Regarding nephritic syndrome, the highest incidence was noted for IgA nephropathy, 13.9% lower than other data reported from Romania – 20% [3], and from other European countries (20–36%) [6,14,19,20]. Nevertheless, in other registries figures are closer to ours: the Spanish registry reports 14.6%, and the Flemish registry 17.3% [12,15]. IgAN patients presented at 41.62 years, comparable to some European registries [3,21] somewhat lower than in reports from the USA – 47.7 years [22] but higher than in reports from northern Europe [23]. There was a tendency to increase over time.
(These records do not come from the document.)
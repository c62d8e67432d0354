-- ===== src/Exp/Precedence/Value.antt =====
-- The value that src/src/exp.c gives to the text of an expression.
use dasm_dillon_code_sourcef.Common.{
  ℕ, ◌+◌, ◌<◌, ◌≡◌, refl, true, false, List, [], ◌∷◌, ◌++◌, length, ap, sym, ◌∙◌, arith, Run, fault,
  out_of_fuel, ok, ◌>>=◌, bind_assoc, bind_congr, bind_congr_all, bind_ok,
}
use dasm_dillon_code_sourcef.Exp.Operators.{Message}
use dasm_dillon_code_sourcef.Exp.Machine.{
  Machine, Arg, run_step, run_steps, ending, reduced, at_base, drained,
}
use dasm_dillon_code_sourcef.Exp.Machine.Steps.{reduced_idle}
use dasm_dillon_code_sourcef.Exp.Machine.Drain.{drained_idle, drained-reduced}
use dasm_dillon_code_sourcef.Exp.Machine.Sound.{IsSound, run_steps-IsSound}
use dasm_dillon_code_sourcef.Exp.Machine.Blind.{seen, drained-Blind, Blind-agree}
use dasm_dillon_code_sourcef.Exp.Precedence.{
  Expr, literal, unary, binary, group, level, IsReadable, steps, ops_depth, args_depth, evaluate,
}
use dasm_dillon_code_sourcef.Exp.Precedence.Moves.{
  run_steps-append, place, place_room, at_base-reduce_test,
}
use dasm_dillon_code_sourcef.Exp.Precedence.Correct.{
  Reads, literal-Reads, unary-Reads, binary-Reads, group-Reads, args_depth_pos, level_pos,
}

readable-Reads : (e : Expr) → IsReadable e → Reads e
readable-Reads (literal v f) h = literal-Reads v f
readable-Reads (unary f e) h = unary-Reads f e h.0 (readable-Reads e h.1)
readable-Reads (binary f l r) h =
    binary-Reads f l r h.0 h.1 (readable-Reads l h.2) (readable-Reads r h.3)
readable-Reads (group e) h = group-Reads e (readable-Reads e h)

-- the state with the value of an expression on top
abbrev pub finished : Machine → Run (Arg × List Message) → Run Machine
finished m r = r >>= (λ (a, log). seen (record m { args = a ∷ m.args; log = log }))

drained_value :
    (m : Machine) (x : Run (Arg × List Message))
    → at_base m ≡ true
    → length m.args + 1 < 64
    → ((((x >>= place m) >>= reduced 1) >>= drained) >>= seen) ≡ finished m x
drained_value m fault e room = refl
drained_value m out_of_fuel e room = refl
drained_value m (ok (a, log)) e room =
    let m2 : Machine = record m { args = a ∷ m.args; lastwasop = false; log = log } in
    ap (λ r. ((r >>= reduced 1) >>= drained) >>= seen) (place_room m a log room)
    ∙ ap (λ r. (r >>= drained) >>= seen) (reduced_idle 1 m2 (at_base-reduce_test 1 m2 e))
    ∙ ap (λ r. r >>= seen) (drained_idle m2 e)

run_ending : (x : Run Machine) → (x >>= run_steps (ending ∷ [])) ≡ (x >>= drained)
unfolding run_steps run_step
run_ending x = bind_congr_all x (λ t. bind_ok (drained t))

-- The steps of a readable expression's text, run from the base of an `eval` with room on both stacks and
-- finished by the last loop, push exactly the tree's value: operators of a higher priority are applied
-- first, those of one priority from left to right, and brackets and unary operators bind tightest. Nothing
-- else changes but the diagnostics that the operators give, and `Lastwasop`, which is not compared. A
-- division that the C standard leaves undefined is a fault on both sides.
pub expression_value :
    (e : Expr) (ab ob : ℕ) (m : Machine)
    → IsReadable e
    → IsSound ab ob m
    → at_base m ≡ true
    → length m.ops + ops_depth e + 1 < 32
    → length m.args + args_depth e < 64
    → (run_steps (steps e ++ ending ∷ []) m >>= seen) ≡ finished m (evaluate e m.log)
expression_value e ab ob m readable s base room1 room2 =
    let x = run_steps (steps e) m in
    ap (λ r. r >>= seen)
      (run_steps-append (steps e) (ending ∷ []) m
        ∙ run_ending x
        ∙ sym (
            bind_congr (IsSound ab ob) x (λ t. reduced 1 t >>= drained) drained
              (run_steps-IsSound (steps e) ab ob m s) (drained-reduced ab ob 1))
        ∙ sym (bind_assoc x (reduced 1) drained))
    ∙ Blind-agree (x >>= reduced 1) ((evaluate e m.log >>= place m) >>= reduced 1) drained
        drained-Blind
        (readable-Reads e readable 1 ab ob m s (omega arith) (omega arith) (level_pos e)
          (at_base-reduce_test (level e) m base) room1 room2)
    ∙ drained_value m (evaluate e m.log) base (omega (arith, args_depth_pos e))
This phenomenon was also observed in the RaDaR report, and in the Spanish registry [12,21]. We confirm male predominance and report on a mean eGFR at presentation of 61.25 (39,43;111,04) ml/min/1.73 higher than that described in other registries [21].
Regarding membranoproliferative GN we observed o prevalence of 7.2%, similar to the report from biopsy center in Romania (5%) [3] but much lower than in another study form from the eastern part of Romania (24.4%) [2] Decreasing prevalence of MPGN is a generally observed tendency, accounting for 3.7 % in Europe [6], and even 0.7% in the more recent Flemish biopsy registry which describes data from 2019–2022.
Diabetic nephropathy accounts for a minority of patients who underwent kidney biopsy (3.3%) but an important increase during the last year of observation was noted (8.9%), which is in line with other reports where DN represents 7.5% – 10% of patients [3,15]. This trend persists in 2024 (11.53% – unpublished data). Also, the comorbidity of diabetes was reported in 10.43% overall in our cohort but 14.28% in 2023, and 20.37% in 2024. The escalating frequency of diabetic nephropathy was also reported in other registries [24]. The relative abrupt increase most likely reflects a shift in perspective towards repositioning indication of kidney biopsy in diabetic patients, and/or increased awareness, and referral.
There is a considerable overlap in the literature regarding the terms of primary, and secondary glomerular disease. As do most of the published reports, we also used the terms primary for unknown etiology, and secondary for glomerular disease with identifiable cause.
As per total kidney biopsies 57% were considered primary, and 43% secondary (see Figure 6). Other registries also report a wide variation in these numbers, presumably influenced by the definitions used [1,3,12]. Regarding FSGS we observe that the majority of patients are described as idiopathic, which disagrees with current knowledge on secondary, and/or genetic forms of FSGS. The likely explanation is the fact that EM for the evaluation of the extent of foot process effacement was available only since 2021, and genetic testing is not reimbursed in Romania, hence many secondary, and genetic forms might have been missed. For MN, 3.8% were secondary forms. However, APLA2 receptor positivity is performed in Romania only in approximately half of the reported timeframe, and it was available in our hospital only since 2023. Consequently, meaningful data on the number of PLA2-positive MN that underwent biopsy could not be retrieved. For MCD disease, as expected, the majority were primary forms. IgA nephropathies were also mainly primary with only 6.5% secondary forms, which is lower than previously reported in a cohort from Romania [21,22,23,25].
The percentage of TIN was low (3.8%), in line with most data in registries from different regions over the globe [6], however, registry data from Flanders, and Finland report several times higher figures, probably explained by a higher biopsy rate for this diagnosis [9,15].
Data from biopsy rates in different countries are difficult to compare for several reasons: firstly, prevalence is mainly being reported, and conclusions about incidence are sometimes difficult if addressability for kidney biopsy is unclear. Secondly, figures are frequently presented as percentages of variously defined subgroups. Additionally, different age groups, and different periods are compared, which makes matching data challenging. Although reported from one region in Romania, our study adds data for the completion of the kidney biopsy map in our region.